Work to be completed
Only the lines from the top of the data through the line containing "unfolding cut" should be duplicated, exactly as they appear.

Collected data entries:
::::

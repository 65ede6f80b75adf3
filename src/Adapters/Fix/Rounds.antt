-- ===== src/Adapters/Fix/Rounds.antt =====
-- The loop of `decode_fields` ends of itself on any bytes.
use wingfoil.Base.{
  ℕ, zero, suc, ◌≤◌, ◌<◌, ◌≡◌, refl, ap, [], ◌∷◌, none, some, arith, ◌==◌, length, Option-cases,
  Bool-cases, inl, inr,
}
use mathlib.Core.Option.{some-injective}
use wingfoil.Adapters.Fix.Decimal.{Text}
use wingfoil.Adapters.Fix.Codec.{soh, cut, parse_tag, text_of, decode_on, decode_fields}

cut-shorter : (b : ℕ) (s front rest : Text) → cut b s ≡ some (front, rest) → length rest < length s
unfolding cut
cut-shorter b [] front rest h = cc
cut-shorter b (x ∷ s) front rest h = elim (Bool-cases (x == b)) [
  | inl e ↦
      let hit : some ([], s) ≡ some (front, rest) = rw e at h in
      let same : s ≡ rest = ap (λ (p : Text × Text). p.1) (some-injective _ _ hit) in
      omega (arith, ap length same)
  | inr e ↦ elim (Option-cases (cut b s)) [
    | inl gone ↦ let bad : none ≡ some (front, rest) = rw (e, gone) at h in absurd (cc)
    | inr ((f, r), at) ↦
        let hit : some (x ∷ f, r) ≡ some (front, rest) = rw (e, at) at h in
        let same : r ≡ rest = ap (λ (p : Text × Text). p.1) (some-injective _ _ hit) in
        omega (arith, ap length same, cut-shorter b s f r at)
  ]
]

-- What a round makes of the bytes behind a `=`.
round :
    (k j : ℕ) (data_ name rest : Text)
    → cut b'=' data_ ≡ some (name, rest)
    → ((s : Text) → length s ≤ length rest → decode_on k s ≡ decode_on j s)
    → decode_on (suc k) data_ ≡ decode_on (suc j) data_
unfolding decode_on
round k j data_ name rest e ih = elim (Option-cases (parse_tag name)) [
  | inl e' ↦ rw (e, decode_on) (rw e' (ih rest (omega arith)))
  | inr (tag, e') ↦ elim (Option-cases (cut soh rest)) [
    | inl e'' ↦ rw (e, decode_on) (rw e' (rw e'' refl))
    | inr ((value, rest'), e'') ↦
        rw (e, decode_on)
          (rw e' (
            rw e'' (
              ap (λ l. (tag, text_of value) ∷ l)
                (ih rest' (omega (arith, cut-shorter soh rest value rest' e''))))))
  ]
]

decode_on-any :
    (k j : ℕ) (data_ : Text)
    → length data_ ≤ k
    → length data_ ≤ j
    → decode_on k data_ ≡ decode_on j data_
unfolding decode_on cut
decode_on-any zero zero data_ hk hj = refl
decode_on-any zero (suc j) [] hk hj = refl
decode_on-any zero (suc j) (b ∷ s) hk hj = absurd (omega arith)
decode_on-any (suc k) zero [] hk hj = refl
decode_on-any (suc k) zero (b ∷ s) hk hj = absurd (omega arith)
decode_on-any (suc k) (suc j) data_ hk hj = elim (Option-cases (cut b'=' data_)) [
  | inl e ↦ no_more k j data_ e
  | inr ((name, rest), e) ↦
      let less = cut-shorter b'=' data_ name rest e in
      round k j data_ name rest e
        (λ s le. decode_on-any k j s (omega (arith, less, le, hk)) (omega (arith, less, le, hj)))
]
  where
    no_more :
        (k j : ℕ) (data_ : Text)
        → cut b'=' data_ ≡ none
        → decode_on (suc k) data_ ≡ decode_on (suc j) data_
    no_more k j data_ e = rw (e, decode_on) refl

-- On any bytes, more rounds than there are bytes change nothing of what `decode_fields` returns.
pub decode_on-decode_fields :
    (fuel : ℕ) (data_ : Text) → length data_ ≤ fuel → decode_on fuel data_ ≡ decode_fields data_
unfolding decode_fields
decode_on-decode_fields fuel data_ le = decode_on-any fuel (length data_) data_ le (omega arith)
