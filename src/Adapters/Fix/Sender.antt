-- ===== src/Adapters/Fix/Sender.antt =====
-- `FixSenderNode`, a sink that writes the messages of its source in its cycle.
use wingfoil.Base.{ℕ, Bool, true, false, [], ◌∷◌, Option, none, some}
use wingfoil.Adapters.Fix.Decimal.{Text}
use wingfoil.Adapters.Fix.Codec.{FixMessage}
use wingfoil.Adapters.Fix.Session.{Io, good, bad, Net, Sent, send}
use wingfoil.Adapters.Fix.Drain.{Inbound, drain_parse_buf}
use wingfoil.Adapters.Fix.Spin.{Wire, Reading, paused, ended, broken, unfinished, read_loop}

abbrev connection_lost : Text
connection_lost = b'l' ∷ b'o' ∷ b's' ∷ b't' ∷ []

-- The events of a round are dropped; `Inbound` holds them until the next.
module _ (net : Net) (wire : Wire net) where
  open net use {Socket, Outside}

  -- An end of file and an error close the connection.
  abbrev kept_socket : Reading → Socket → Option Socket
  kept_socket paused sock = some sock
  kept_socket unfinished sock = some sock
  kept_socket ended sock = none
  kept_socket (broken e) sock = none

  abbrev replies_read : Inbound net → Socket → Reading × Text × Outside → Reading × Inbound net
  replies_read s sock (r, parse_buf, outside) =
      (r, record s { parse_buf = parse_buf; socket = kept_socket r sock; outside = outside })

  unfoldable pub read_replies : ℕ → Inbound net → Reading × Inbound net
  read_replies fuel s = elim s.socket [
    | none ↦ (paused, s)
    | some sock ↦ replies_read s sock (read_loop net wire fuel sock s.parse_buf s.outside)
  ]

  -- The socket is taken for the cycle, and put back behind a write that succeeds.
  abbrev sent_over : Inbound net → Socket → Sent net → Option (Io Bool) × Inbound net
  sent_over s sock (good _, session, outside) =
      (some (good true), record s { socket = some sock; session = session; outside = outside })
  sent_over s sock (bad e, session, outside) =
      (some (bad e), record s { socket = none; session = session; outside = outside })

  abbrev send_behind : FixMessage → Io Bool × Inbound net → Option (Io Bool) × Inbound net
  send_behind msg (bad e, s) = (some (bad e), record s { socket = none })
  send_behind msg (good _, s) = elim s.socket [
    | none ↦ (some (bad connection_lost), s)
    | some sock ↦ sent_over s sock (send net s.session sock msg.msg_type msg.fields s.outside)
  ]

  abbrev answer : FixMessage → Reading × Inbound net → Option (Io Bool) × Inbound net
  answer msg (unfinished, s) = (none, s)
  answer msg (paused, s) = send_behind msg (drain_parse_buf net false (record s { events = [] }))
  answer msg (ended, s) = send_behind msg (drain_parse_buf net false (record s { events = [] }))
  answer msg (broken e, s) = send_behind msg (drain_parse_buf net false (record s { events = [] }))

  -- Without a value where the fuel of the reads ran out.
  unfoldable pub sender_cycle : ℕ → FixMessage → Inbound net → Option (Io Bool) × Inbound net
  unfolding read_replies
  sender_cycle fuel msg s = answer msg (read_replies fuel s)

::::

Written answer
repository 65ede6f80b75adf3
filename src/Adapters/Fix/Rounds.antt
-- ===== src/Adapters/Fix/Rounds.antt =====
-- The loop of `decode_fields` ends of itself on any bytes.
use wingfoil.Base.{
  ℕ, zero, suc, ◌≤◌, ◌<◌, ◌≡◌, refl, ap, [], ◌∷◌, none, some, arith, ◌==◌, length, Option-cases,
  Bool-cases, inl, inr,
}
use mathlib.Core.Option.{some-injective}
use wingfoil.Adapters.Fix.Decimal.{Text}
use wingfoil.Adapters.Fix.Codec.{soh, cut, parse_tag, text_of, decode_on, decode_fields}

cut-shorter : (b : ℕ) (s front rest : Text) → cut b s ≡ some (front, rest) → length rest < length s
unfolding cut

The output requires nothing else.